**Problem details**
Complete, exact copies of all entries are needed.

**Task material**

•••

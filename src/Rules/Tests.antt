-- ===== src/Rules/Tests.antt =====
-- Rules over the two-point lattice.
use bole.Base.{
  subst, some-inv, true, [], ◌∷◌, ◌≡◌, refl, ◌↔◌, bytes, bytes_eq, contains, bytes_discrete,
  ℕ_discrete, pair_discrete, bytes_cmp, pair_cmp,
}
use bole.Glob.{glob_matches}
use bole.Lattice.{public, protected, join, bottom, two_point, dominates}
use bole.Lattice.Tests.{two_point_valid}
use bole.Rules.{
  LabelRuleSet, path, for_path, for_timeline, for_secret, label_for_path, label_for_timeline,
  label_for_secret,
}
use bole.Rules.Bounds.{GivesLabels, AboveAll, label_for_bounds}

abbrev secrets_rule : LabelRuleSet
secrets_rule = record { rules = path (bytes "secrets/**") protected ∷ [] }

secret_is_protected : label_for_path secrets_rule two_point (bytes "secrets/prod.key") ≡ protected
unfolding label_for_path two_point dominates join bottom glob_matches bytes_cmp pair_cmp
    bytes_discrete ℕ_discrete pair_discrete
secret_is_protected = refl

source_is_public : label_for_path secrets_rule two_point (bytes "src/main.rs") ≡ public
unfolding label_for_path two_point dominates join bottom glob_matches bytes_cmp pair_cmp
    bytes_discrete ℕ_discrete pair_discrete
source_is_public = refl

protected_label : contains two_point.labels protected ≡ true
unfolding two_point bytes_cmp pair_cmp bytes_discrete ℕ_discrete
protected_label = refl

gives_paths : GivesLabels two_point (for_path (bytes "secrets/a")) secrets_rule.rules
unfolding for_path
gives_paths = (
  (λ x e.
      subst (λ z. contains two_point.labels z ≡ true)
        (some-inv (glob_matches (bytes "secrets/**") (bytes "secrets/a")) e) protected_label),
  tt,
)

gives_timelines : GivesLabels two_point (for_timeline (bytes "secrets/a")) secrets_rule.rules
unfolding for_timeline
gives_timelines = ((λ x e. absurd (cc)), tt)

gives_secrets : GivesLabels two_point (for_secret (bytes "secrets/a")) secrets_rule.rules
unfolding for_secret
gives_secrets = ((λ x e. absurd (cc)), tt)

label_for_bounds_example :
    ((contains two_point.labels (label_for_path secrets_rule two_point (bytes "secrets/a")) ≡ true)
      × ((dominates two_point protected (label_for_path secrets_rule two_point (bytes "secrets/a"))
            ≡ true)
          ↔ AboveAll two_point (for_path (bytes "secrets/a")) protected secrets_rule.rules))
    × ((contains two_point.labels (label_for_timeline secrets_rule two_point (bytes "secrets/a"))
          ≡ true)
        × ((dominates two_point protected
                (label_for_timeline secrets_rule two_point (bytes "secrets/a"))
              ≡ true)
            ↔ AboveAll two_point (for_timeline (bytes "secrets/a")) protected secrets_rule.rules))
    × ((contains two_point.labels (label_for_secret secrets_rule two_point (bytes "secrets/a"))
          ≡ true)
        × ((dominates two_point protected
                (label_for_secret secrets_rule two_point (bytes "secrets/a"))
              ≡ true)
            ↔ AboveAll two_point (for_secret (bytes "secrets/a")) protected secrets_rule.rules))
label_for_bounds_example =
    label_for_bounds secrets_rule two_point (bytes "secrets/a") protected two_point_valid
      protected_label gives_paths gives_timelines gives_secrets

•••

**Output for this exercise**
filename src/Rules/Tests.antt
-- ===== src/Rules/Tests.antt =====
-- Rules over the two-point lattice.
use bole.Base.{
  subst, some-inv, true, [], ◌∷◌, ◌≡◌, refl, ◌↔◌, bytes, bytes_eq, contains, bytes_discrete,
  ℕ_discrete, pair_discrete, bytes_cmp, pair_cmp,
}
use bole.Glob.{glob_matches}
use bole.Lattice.{public, protected, join, bottom, two_point, dominates}
use bole.Lattice.Tests.{two_point_valid}
use bole.Rules.{
  LabelRuleSet, path, for_path, for_timeline, for_secret, label_for_path, label_for_timeline,
  label_for_secret,
}
use bole.Rules.Bounds.{GivesLabels, AboveAll, label_for_bounds}

abbrev secrets_rule : LabelRuleSet
secrets_rule = record { rules = path (bytes "secrets/**") protected ∷ [] }

secret_is_protected : label_for_path secrets_rule two_point (bytes "secrets/prod.key") ≡ protected
unfolding label_for_path two_point dominates join bottom glob_matches bytes_cmp pair_cmp
    bytes_discrete ℕ_discrete pair_discrete
secret_is_protected = refl

source_is_public : label_for_path secrets_rule two_point (bytes "src/main.rs") ≡ public
unfolding label_for_path two_point dominates join bottom glob_matches bytes_cmp pair_cmp
    bytes_discrete ℕ_discrete pair_discrete
source_is_public = refl

protected_label : contains two_point.labels protected ≡ true
unfolding two_point bytes_cmp pair_cmp bytes_discrete ℕ_discrete
protected_label = refl

gives_paths : GivesLabels two_point (for_path (bytes "secrets/a")) secrets_rule.rules
unfolding for_path
gives_paths = (
  (λ x e.
      subst (λ z. contains two_point.labels z ≡ true)
        (some-inv (glob_matches (bytes "secrets/**") (bytes "secrets/a")) e) protected_label),
  tt,
)

gives_timelines : GivesLabels two_point (for_timeline (bytes "secrets/a")) secrets_rule.rules
unfolding for_timeline
gives_timelines = ((λ x e. absurd (cc)), tt)

gives_secrets : GivesLabels two_point (for_secret (bytes "secrets/a")) secrets_rule.rules
unfolding for_secret
gives_secrets = ((λ x e. absurd (cc)), tt)

label_for_bounds_example :
    ((contains two_point.labels (label_for_path secrets_rule two_point (bytes "secrets/a")) ≡ true)
      × ((dominates two_point protected (label_for_path secrets_rule two_point (bytes "secrets/a"))
            ≡ true)
          ↔ AboveAll two_point (for_path (bytes "secrets/a")) protected secrets_rule.rules))
    × ((contains two_point.labels (label_for_timeline secrets_rule two_point (bytes "secrets/a"))
          ≡ true)
        × ((dominates two_point protected
                (label_for_timeline secrets_rule two_point (bytes "secrets/a"))
              ≡ true)
            ↔ AboveAll two_point (for_timeline (bytes "secrets/a")) protected secrets_rule.rules))
    × ((contains two_point.labels (label_for_secret secrets_rule two_point (bytes "secrets/a"))
          ≡ true)
        × ((dominates two_point protected
                (label_for_secret secrets_rule two_point (bytes "secrets/a"))
              ≡ true)
            ↔ AboveAll two_point (for_secret (bytes "secrets/a")) protected secrets_rule.rules))
label_for_bounds_example =
    label_for_bounds secrets_rule two_point (bytes "secrets/a") protected two_point_valid
      protected_label gives_paths gives_timelines gives_secrets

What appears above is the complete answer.